* **Exercise objective**
Quote the entries below from the line with "claims a q ys" through the line with "unfolding register_backend", both ends included, and only those lines.

==== Exercise data

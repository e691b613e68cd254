-- ===== src/Registry/Registered.antt =====
-- internal/hub/hub.go: the pools hold the registered backends.
use nexus_proxy_server.Common.{
  some, map, bytes_eq, none, ℕ, ◌+◌, ◌≤◌, ◌≡◌, refl, sym, subst, ap, ◌∙◌, true, if◌then◌else◌, ◌==◌,
  nat_eq, Bytes, List, [], ◌∷◌, ◌++◌, Option, lookup, arith,
}
use nexus_proxy_server.Registry.Selects.{select_backend-times}
use nexus_proxy_server.Balancer.{Selected}
use nexus_proxy_server.Bandwidth.{Scheduler, register, unregister}
use nexus_proxy_server.Idle.{IdleTimeouts, track, untrack}
use nexus_proxy_server.Registry.Defs.{
  name_slot, has_scheduler, select_backend, HubBackend, Hub, new_hub, Slot, exact, wild, add_slots,
  remove_slots, slots, register_backend, unregister_backend,
}
use nexus_proxy_server.Hostnames.{wildcard_suffix}
use nexus_proxy_server.Claims.Routes.{UdpRoutePolicy}
use nexus_proxy_server.Claims.Hosts.{route_key, tcp, udp}
use nexus_proxy_server.Registry.Slots.{
  same_slot, times, at, occurs, add_slots-times, remove_slots-times,
}

at-scheduler :
    (q : Slot) (h : Hub) (s : Option Scheduler) → at q (record h { scheduler = s }) ≡ at q h
at-scheduler (exact key) h s = refl
at-scheduler (wild suffix) h s = refl

at-idle : (q : Slot) (h : Hub) (i : IdleTimeouts) → at q (record h { idle = i }) ≡ at q h
at-idle (exact key) h i = refl
at-idle (wild suffix) h i = refl

occurs-append : (q : Slot) (ss rs : List Slot) → occurs q (ss ++ rs) ≡ occurs q ss + occurs q rs
occurs-append q [] rs = omega arith
occurs-append q (s ∷ ss) rs = omega (arith, occurs-append q ss rs)

module _ (to_ascii : Bytes → Option Bytes) where
  -- How often the hostnames of a backend, by their kind, its ports and its routes name a pool.
  abbrev pub named : Option Bytes → Bytes → Slot → ℕ
  named none h (exact key) = if h == key then 1 else 0
  named none h (wild suffix) = 0
  named (some s) h (exact key) = 0
  named (some s) h (wild suffix) = if s == suffix then 1 else 0

  abbrev pub names_of : Slot → List Bytes → ℕ
  names_of q [] = 0
  names_of q (h ∷ hs) = named (wildcard_suffix to_ascii h) h q + names_of q hs

  abbrev pub ports_of : Slot → List ℕ → ℕ
  ports_of (wild suffix) ports = 0
  ports_of (exact key) [] = 0
  ports_of (exact key) (port ∷ ports) =
      (if route_key tcp port == key then 1 else 0) + ports_of (exact key) ports

  abbrev pub routes_of : Slot → List UdpRoutePolicy → ℕ
  routes_of (wild suffix) routes = 0
  routes_of (exact key) [] = 0
  routes_of (exact key) (r ∷ routes) =
      (if route_key udp r.port == key then 1 else 0) + routes_of (exact key) routes

  -- How often the backends claim a pool under an identifier.
  abbrev pub claims : ℕ → Slot → List HubBackend → ℕ
  claims a q [] = 0
  claims a q (b ∷ bs) =
      (if b.entry.id == a
        then names_of q b.hostnames + ports_of q b.tcp_ports + routes_of q b.udp_routes
        else 0)
      + claims a q bs

  -- The hubs that a new one comes to, with the backends that are registered.
  pub data Reach : List HubBackend → Hub → Type 0 where
    start : (scheduler : Option Scheduler) → Reach [] (new_hub scheduler)
    joins :
        {bs : List HubBackend} {h : Hub} (now : ℕ) (b : HubBackend)
        → Reach bs h
        → Reach (b ∷ bs) (register_backend to_ascii now b h)
    selects :
        {bs : List HubBackend} {h g : Hub} {r : Option Selected} (fuel : ℕ) (hostname : Bytes)
        → Reach bs h
        → select_backend to_ascii fuel hostname h ≡ some (r, g)
        → Reach bs g
    leaves :
        {h : Hub} (before : List HubBackend) (b : HubBackend) (after : List HubBackend)
        → Reach (before ++ (b ∷ after)) h
        → Reach (before ++ after) (unregister_backend to_ascii b h)

  occurs-name :
      (h : Bytes) (o : Option Bytes) (q : Slot)
      → (if same_slot (name_slot h o) q then 1 else 0) ≡ named o h q
  unfolding name_slot
  occurs-name h none (exact key) = refl
  occurs-name h none (wild suffix) = refl
  occurs-name h (some s) (exact key) = refl
  occurs-name h (some s) (wild suffix) = refl

  occurs-names :
      (q : Slot) (hs : List Bytes)
      → occurs q (map (λ h. name_slot h (wildcard_suffix to_ascii h)) hs) ≡ names_of q hs
  occurs-names q [] = refl
  occurs-names q (h ∷ hs) =
      omega (arith, occurs-name h (wildcard_suffix to_ascii h) q, occurs-names q hs)

  occurs-ports :
      (q : Slot) (ports : List ℕ)
      → occurs q (map (λ port. exact (route_key tcp port)) ports) ≡ ports_of q ports
  occurs-ports (wild suffix) [] = refl
  occurs-ports (wild suffix) (port ∷ ports) = omega (arith, occurs-ports (wild suffix) ports)
  occurs-ports (exact key) [] = refl
  occurs-ports (exact key) (port ∷ ports) = omega (arith, occurs-ports (exact key) ports)

  occurs-routes :
      (q : Slot) (routes : List UdpRoutePolicy)
      → occurs q (map (λ r. exact (route_key udp r.port)) routes) ≡ routes_of q routes
  occurs-routes (wild suffix) [] = refl
  occurs-routes (wild suffix) (r ∷ routes) = omega (arith, occurs-routes (wild suffix) routes)
  occurs-routes (exact key) [] = refl
  occurs-routes (exact key) (r ∷ routes) = omega (arith, occurs-routes (exact key) routes)

  -- The slots of a backend are those that its claims name.
  occurs-slots :
      (q : Slot) (b : HubBackend)
      → occurs q (slots to_ascii b)
        ≡ names_of q b.hostnames + ports_of q b.tcp_ports + routes_of q b.udp_routes
  unfolding slots
  occurs-slots q b =
      let names = map (λ h. name_slot h (wildcard_suffix to_ascii h)) b.hostnames in
      let ports = map (λ (port : ℕ). exact (route_key tcp port)) b.tcp_ports in
      let routes = map (λ (r : UdpRoutePolicy). exact (route_key udp r.port)) b.udp_routes in
      omega (
        arith,
        occurs-append q names (ports ++ routes),
        occurs-append q ports routes,
        occurs-names q b.hostnames,
        occurs-ports q b.tcp_ports,
        occurs-routes q b.udp_routes,
      )

  claims-append :
      (a : ℕ) (q : Slot) (xs ys : List HubBackend)
      → claims a q (xs ++ ys) ≡ claims a q xs + claims a q ys
  claims-append a q [] ys = omega arith
  claims-append a q (x ∷ xs) ys = omega (arith, claims-append a q xs ys)

  register-times :
      (now : ℕ) (b : HubBackend) (q : Slot) (a : ℕ) (h : Hub)
      → times a (at q (register_backend to_ascii now b h))
        ≡ times a (at q h) + (if b.entry.id == a then occurs q (slots to_ascii b) else 0)
  unfolding register_backend
  register-times now b q a h =
      let s = has_scheduler (register b.entry.id now) h.scheduler in
      let first = record h { scheduler = s } in
      let g = add_slots b.entry (slots to_ascii b) first in
      ap (times a) (at-idle q g (track b.entry.id b.udp_routes g.idle))
      ∙ add_slots-times b.entry (slots to_ascii b) q a first
      ∙ ap (λ o. times a o + (if b.entry.id == a then occurs q (slots to_ascii b) else 0))
          (at-scheduler q h s)

  unregister-times :
      (b : HubBackend) (q : Slot) (a : ℕ) (h : Hub)
      → occurs q (slots to_ascii b) ≤ times b.entry.id (at q h)
      → times a (at q (unregister_backend to_ascii b h))
          + (if b.entry.id == a then occurs q (slots to_ascii b) else 0)
        ≡ times a (at q h)
  unfolding unregister_backend
  unregister-times b q a h l =
      let s = has_scheduler (unregister b.entry.id) h.scheduler in
      let first = record h { scheduler = s } in
      let g = remove_slots b.entry (slots to_ascii b) first in
      let enough =
        subst (λ o. occurs q (slots to_ascii b) ≤ times b.entry.id o) (sym (at-scheduler q h s))
          l in
      ap (λ o. times a o + (if b.entry.id == a then occurs q (slots to_ascii b) else 0))
        (at-idle q g (untrack b.entry.id b.udp_routes g.idle))
      ∙ remove_slots-times b.entry (slots to_ascii b) q a first enough
      ∙ ap (times a) (at-scheduler q h s)

  empty-times : (s : Option Scheduler) (a : ℕ) (q : Slot) → times a (at q (new_hub s)) ≡ 0
  unfolding lookup
  empty-times s a (exact key) = refl
  empty-times s a (wild suffix) = refl

-- In a hub that backends join and leave in any order, with any names, ports, routes and identifiers, and
-- that selects backends for any hostnames in between, a
-- pool holds an identifier as often as the registered backends with this identifier claim the pool: by a
-- hostname, by a wildcard with the suffix, or by the route key of a TCP port or of a UDP route. So a backend
-- that has left is in no pool, and none that is registered is missing from one.
pub Reach-times :
    (to_ascii : Bytes → Option Bytes) {bs : List HubBackend} {h : Hub} (a : ℕ) (q : Slot)
    → Reach to_ascii bs h
    → times a (at q h) ≡ claims to_ascii a q bs
Reach-times to_ascii a q (start s) = empty-times to_ascii s a q
Reach-times to_ascii a q (joins {bs = bs} {h = h} now b r) =
    register-times to_ascii now b q a h
    ∙ ground (arith, Reach-times to_ascii a q r, occurs-slots to_ascii q b)
Reach-times to_ascii a q (selects {h = h} {g = g} {r = r} fuel hostname reach e) =
    select_backend-times to_ascii fuel hostname h g r q a e ∙ Reach-times to_ascii a q reach
Reach-times to_ascii a q (leaves {h = h} before b after r) =
    let own =
      Reach-times to_ascii b.entry.id q r
      ∙ claims-append to_ascii b.entry.id q before (b ∷ after) in
    let mine : b.entry.id == b.entry.id ≡ true = ground arith in
    let slots_are = occurs-slots to_ascii q b in
    let enough : occurs q (slots to_ascii b) ≤ times b.entry.id (at q h) =
      ground (arith, own, mine, slots_are) in
    let all = Reach-times to_ascii a q r ∙ claims-append to_ascii a q before (b ∷ after) in
    ground (
      arith,
      unregister-times to_ascii b q a h enough,
      all,
      slots_are,
      claims-append to_ascii a q before after,
    )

========

* **Result**
      → claims a q (xs ++ ys) ≡ claims a q xs + claims a q ys
  claims-append a q [] ys = omega arith
  claims-append a q (x ∷ xs) ys = omega (arith, claims-append a q xs ys)

  register-times :
      (now : ℕ) (b : HubBackend) (q : Slot) (a : ℕ) (h : Hub)
      → times a (at q (register_backend to_ascii now b h))
        ≡ times a (at q h) + (if b.entry.id == a then occurs q (slots to_ascii b) else 0)
  unfolding register_backend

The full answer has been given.